However, you should be aware that since floor tiles are individually set by hand, it's not at all uncommon to have slight variations in the tile height from one tile to the next.  Most of the time you don't notice this height difference on a floor because it's small and the tiles LOOK like they're all at the same height.  Your brain presumes they're all at the same height mostly just because of lack of visual evidence to the contrary.  However, one of the most common problems using ceramic tiles for bathroom floors is the slight difference in height between individual tiles under the toilet which cause the toilet to "wobble" a bit.  Tile setters will wedge coins (like pennies and dimes) under the base of the toilet bowl and then caulk around the base (to hide the coins) to prevent the toilet from wobbling and the customer from complaining.

If you look at a bag of thin set mortar, they will typically recommend a 1/4 inch square notched trowel for tiles smaller than 10 inches by 10 inches, and a 3/8 inch square notched trowel for larger tiles.  The reason for the difference is to accomodate more of a variation in the floor height under a larger tile.  That's the same as saying that the smaller the tile used, the more the tile floor will conform to the shape of the floor you're setting the tile over.  Most people just aren't aware that floors often aren't flat, and that's mostly because the mind assumes floors are flat unless there's clear visual evidence to prove they aren't.  I really don't know if wood or concrete floors tend to be better in that regard, but a concrete floor would always make a better base to tile over because of it's strength, rigidity and dimensional stability.

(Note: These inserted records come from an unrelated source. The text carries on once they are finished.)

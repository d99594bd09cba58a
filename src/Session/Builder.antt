-- ===== src/Session/Builder.antt =====
-- runtime/launcher/kernel/ulk_session.c: the growing text buffer, `ulk_text_builder`, and its appends.
pub mod Writes
use universal_launcher.Prelude.{
  ℕ, zero, suc, ◌+◌, ◌-◌, ◌*◌, ◌/◌, ◌%◌, ◌^◌, ◌≤◌, ◌<◌, ◌≡◌, refl, sym, ap, ◌∙◌, ◌≢◌, ◌↔◌, ◌⊎◌, inl,
  inr, Bool, true, false, not, ◌&&◌, ◌||◌, Option, none, some, List, [], ◌∷◌, ◌++◌, append_assoc,
  append-nil, arith, ltb, leb, ◌==◌, if◌then◌else◌, ltb→lt, lt→ltb, ltb-false, leb→le, ==_iff,
  tests, Bool-cases, Option-cases, and_true, ◌>>=◌, ◌>>◌, guard, length, all, is_nil, take, drop,
  length-append, All, All-append, All-mono, Bytes, codes, bytes_eq, bytes_eq_iff, bytes_eq_refl,
  c_string, IsTextByte, IsText, c_string-IsText, Lacks, between, ℤ, pos, negsuc, ◌==ℤ◌, ==ℤ_iff,
  ltb_ℤ,
}
use universal_launcher.Session.Hex.{encode_hex}
use universal_launcher.Session.Integer.{print_integer}

abbrev pub size_max : ℕ
size_max = 2 ^ 64 - 1

-- `size` is the length of the text; the final zero stands behind it.
pub record TextBuilder : Type 0 where
  pub text : Bytes
  pub capacity : ℕ

abbrev pub empty_builder : TextBuilder
empty_builder = record { text = []; capacity = 0 }

-- The doubling loop of `ulk_builder_reserve`, on size_t; `none` when the rounds are used up.
unfoldable pub grow : ℕ → ℕ → ℕ → Option ℕ
grow zero capacity required = none
grow (suc fuel) capacity required =
    let rest = grow fuel (capacity * 2 % 2 ^ 64) required in
    if ltb capacity required
    then (if ltb (size_max / 2) capacity then some required else rest)
    else some capacity

-- An append gives the new builder, or `none` for 0.
abbrev pub Append : Type 0
Append = TextBuilder → Option TextBuilder

infixl 6 ◌▷◌
-- `a(...) && b(...)`, and `!a(...) || !b(...)` before a return of 0.
abbrev pub ◌▷◌ : Append → Append → Append
(a ▷ b) builder = a builder >>= b

abbrev pub skip : Append
skip builder = some builder

-- `realloc` says at which sizes the allocator delivers.
module _ (realloc : ℕ → Bool) where
  unfoldable pub reallocate : TextBuilder → ℕ → Option TextBuilder
  reallocate builder capacity =
      if realloc capacity then some (record builder { capacity = capacity }) else none

  unfoldable pub reserve : TextBuilder → ℕ → Option TextBuilder
  unfolding reallocate
  reserve builder extra =
      let size = length builder.text in
      let required = (size + extra + 1) % 2 ^ 64 in
      let capacity = if builder.capacity == 0 then 256 else builder.capacity in
      let grown = grow 64 capacity required >>= reallocate builder in
      if ltb ((size_max + 2 ^ 64 - size - 1) % 2 ^ 64) extra
      then none
      else if leb required builder.capacity
      then some builder
      else grown

  unfoldable pub append_bytes : Bytes → Append
  unfolding reserve
  append_bytes text builder = do
    reserved ← reserve builder (length text)
    some (record reserved { text = reserved.text ++ text })

  -- `ulk_builder_append`: the literal is its bytes before the final zero.
  unfoldable pub append : Bytes → Append
  unfolding append_bytes
  append text = append_bytes text

  unfoldable pub append_integer : ℤ → Append
  unfolding append_bytes
  append_integer value builder =
      let number = print_integer value in
      if ltb 0 (length number) && ltb (length number) 64 then append_bytes number builder else none

  -- One round of the loop for each byte of the C string.
  unfoldable pub append_hex : Bytes → Append
  unfolding append_bytes encode_hex
  append_hex [] builder = some builder
  append_hex (c ∷ s) builder = append_bytes (encode_hex (c ∷ [])) builder >>= append_hex s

I don't see any problem using the same tile in different areas or rooms of your house.  I think that would look better than using different tiles in different areas.  But what's most important is to use a practical flooring in each room, according to the expected activity in that room.  At the end of the day, that's always going to be more important than how the flooring looks in that room.

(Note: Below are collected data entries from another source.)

-- ===== src/Session/Record.antt =====
-- The records of include/ulk/ulk_session.h and `ulk_session_owned_record` of
-- runtime/launcher/kernel/ulk_session.c: validation, copying, comparison and transition.
use universal_launcher.Prelude.{
  ℕ, Bool, true, false, not, ◌&&◌, ◌||◌, Option, none, some, [], ◌∷◌, ltb, leb, ◌==◌, if◌then◌else◌,
  all, Bytes, bytes_eq, c_string, ℤ, pos, ◌==ℤ◌,
}
use universal_launcher.View.{
  StringView, at, size, is_null, contents, Status, ok, invalid_argument, is_ok,
}
use universal_launcher.Operation.{
  Outcome, Identity, OperationResult, identity_validate, operation_result_validate, is_alpha,
  is_digit, is_identifier_character, is_flag,
}

abbrev pub max_records : ℕ
max_records = 1024

abbrev pub default_records : ℕ
default_records = 64

abbrev pub max_file_bytes : ℕ
max_file_bytes = 65536

abbrev pub max_root_bytes : ℕ
max_root_bytes = 32768

abbrev pub max_runnable_bytes : ℕ
max_runnable_bytes = 4096

abbrev pub max_process_bytes : ℕ
max_process_bytes = 1024

abbrev pub max_time_bytes : ℕ
max_time_bytes = 64

abbrev pub max_reference_bytes : ℕ
max_reference_bytes = 128

-- ulk_session_state_v1, and any other value that the field can hold.
pub data State : Type 0 where
  running terminal : State
  other_state : ℤ → State

unfoldable pub state_code : State → ℤ
state_code running = pos 1
state_code terminal = pos 2
state_code (other_state n) = n

unfoldable pub state_of_int : ℤ → State
state_of_int n = if n ==ℤ pos 1 then running else if n ==ℤ pos 2 then terminal else other_state n

-- ulk_session_record_v1; a null pointer is `none`.
pub record SessionRecord : Type 0 where
  pub struct_size : ℕ
  pub session_id : StringView
  pub identity : Identity
  pub runnable_reference : StringView
  pub process_identity : StringView
  pub state : State
  pub started_at : StringView
  pub ended_at : StringView
  pub exit_code_known : ℤ
  pub exit_code : ℤ
  pub terminal_result : Option OperationResult
  pub recovery_reference : StringView
  pub relaunch_reference : StringView

abbrev pub sizeof_session_record : ℕ
sizeof_session_record = 192

-- ulk_session_owned_record: the character arrays by the C strings that they hold.
pub record OwnedRecord : Type 0 where
  pub session_id : Bytes
  pub operation_id : Bytes
  pub attempt_id : Bytes
  pub runnable_reference : Bytes
  pub process_identity : Bytes
  pub started_at : Bytes
  pub ended_at : Bytes
  pub recovery_transaction : Bytes
  pub recovery_inspect_command : Bytes
  pub recovery_reference : Bytes
  pub relaunch_reference : Bytes
  pub state : State
  pub outcome : Outcome
  pub effects_may_have_occurred : ℤ
  pub recovery_required : ℤ
  pub exit_code_known : ℤ
  pub exit_code : ℤ
  pub commit_order : ℤ

-- ulk_static_view
abbrev pub static_view : Bytes → StringView
static_view text = at text

unfoldable pub view_valid : StringView → ℕ → Bool → Bool
view_valid value maximum allow_empty =
    if size value == 0 then allow_empty else not (is_null value) && leb (size value) maximum

identifier_text : Bytes → Bool
identifier_text [] = false
identifier_text (first ∷ rest) =
    if not (is_alpha first || is_digit first) then false else all is_identifier_character rest

unfoldable pub identifier_valid : StringView → Bool
unfolding view_valid identifier_text
identifier_valid value =
    if not (view_valid value 128 false) then false else identifier_text (contents value)

unfoldable pub views_equal : StringView → StringView → Bool
views_equal left right =
    size left == size right && (size left == 0 || bytes_eq (contents left) (contents right))

-- The bytes of the view and a zero; what the array holds as a C string ends at the first zero.
unfoldable pub copy_view : ℕ → StringView → Option Bytes
copy_view capacity source =
    if leb capacity (size source) then none else some (c_string (contents source))

-- The tests of `ulk_session_record_validate_v1` that do not depend on the state.
unfoldable pub record_fields_valid : SessionRecord → Bool
record_fields_valid record_ =
    not (ltb record_.struct_size sizeof_session_record)
    && identifier_valid record_.session_id
    && is_ok (identity_validate (some record_.identity))
    && view_valid record_.runnable_reference max_runnable_bytes false
    && view_valid record_.process_identity max_process_bytes true
    && view_valid record_.started_at max_time_bytes false
    && view_valid record_.ended_at max_time_bytes true
    && view_valid record_.recovery_reference max_reference_bytes true
    && view_valid record_.relaunch_reference max_reference_bytes true
    && is_flag record_.exit_code_known

unfoldable pub is_none {ℓ} : {A : Type ℓ} → Option A → Bool
is_none none = true
is_none (some a) = false

unfoldable pub running_valid : SessionRecord → Bool
unfolding is_none
running_valid r = not (
    not (is_none r.terminal_result)
    || not (size r.ended_at == 0)
    || not (r.exit_code_known ==ℤ pos 0)
    || not (size r.recovery_reference == 0)
    || not (size r.relaunch_reference == 0))

unfoldable pub terminal_valid : SessionRecord → Option OperationResult → Bool
terminal_valid r none = false
terminal_valid r (some result) =
    not (size r.ended_at == 0)
    && is_ok (operation_result_validate (some result))
    && views_equal r.identity.operation_id result.identity.operation_id
    && views_equal r.identity.attempt_id result.identity.attempt_id
    && not (not (result.recovery.required ==ℤ pos 0) && size r.recovery_reference == 0)

abbrev state_valid : SessionRecord → State → Bool
state_valid r running = running_valid r
state_valid r terminal = terminal_valid r r.terminal_result
state_valid r (other_state n) = false

unfoldable pub record_validate : Option SessionRecord → Status
record_validate none = invalid_argument
record_validate (some r) =
    if not (record_fields_valid r)
    then invalid_argument
    else if state_valid r r.state
    then ok
    else invalid_argument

So, I think that it's fair to warn you about potential problems like this if you use any kind of ceramic tile or natural stone in your dining room or kitchen.  You may find that you have to wedge something under one of the legs of your dining room table or kitchen stove to prevent it from wobbling a bit, although you'd expect the problem to be worse with a toilet because of it's smaller footprint and the fact that porcelain is so much more rigid than wood.  (Also, normally the two front feet on stoves and fridges will be adjustable so you could always adjust the feet of these appliances to be stable regardless of a fluctuating floor height.)  But, the normal variation from piece to piece in natural stone is only going to exacurbate this problem, tho.  I'd suggest using natural stone in a front or back entrance way where you're going to be tracking in mud, salt, snow, etc.  You need a strong durable flooring to stand up to road grit tracked in by footwear.  If you do use a stone in your entrance ways, be sure to use a HARD material to stand up well.  Ceramic floor tiles are rated according to their hardness with a "diamond number".  The more diamonds, the harder the tile.  Typically, the hardest tiles (called "porcelain tiles") will be rated at 5 diamonds.  I've never seen a ceramic floor tile rated at anything less than 3 diamonds.  Some natural stones, like marble are relatively soft and simply don't stand up well to abrasive stuff like road grit or sand on them.  Walking on that sand or grit grinds the sand or grit into the relatively soft marble, and that results in the high traffic areas starting to show as "worn areas" on the marble floor.  I'd suggest using granite if you opt for a natural stone, and the hardest ceramic tile you can find (that still won't be slippery when wet) if you opt for a tile.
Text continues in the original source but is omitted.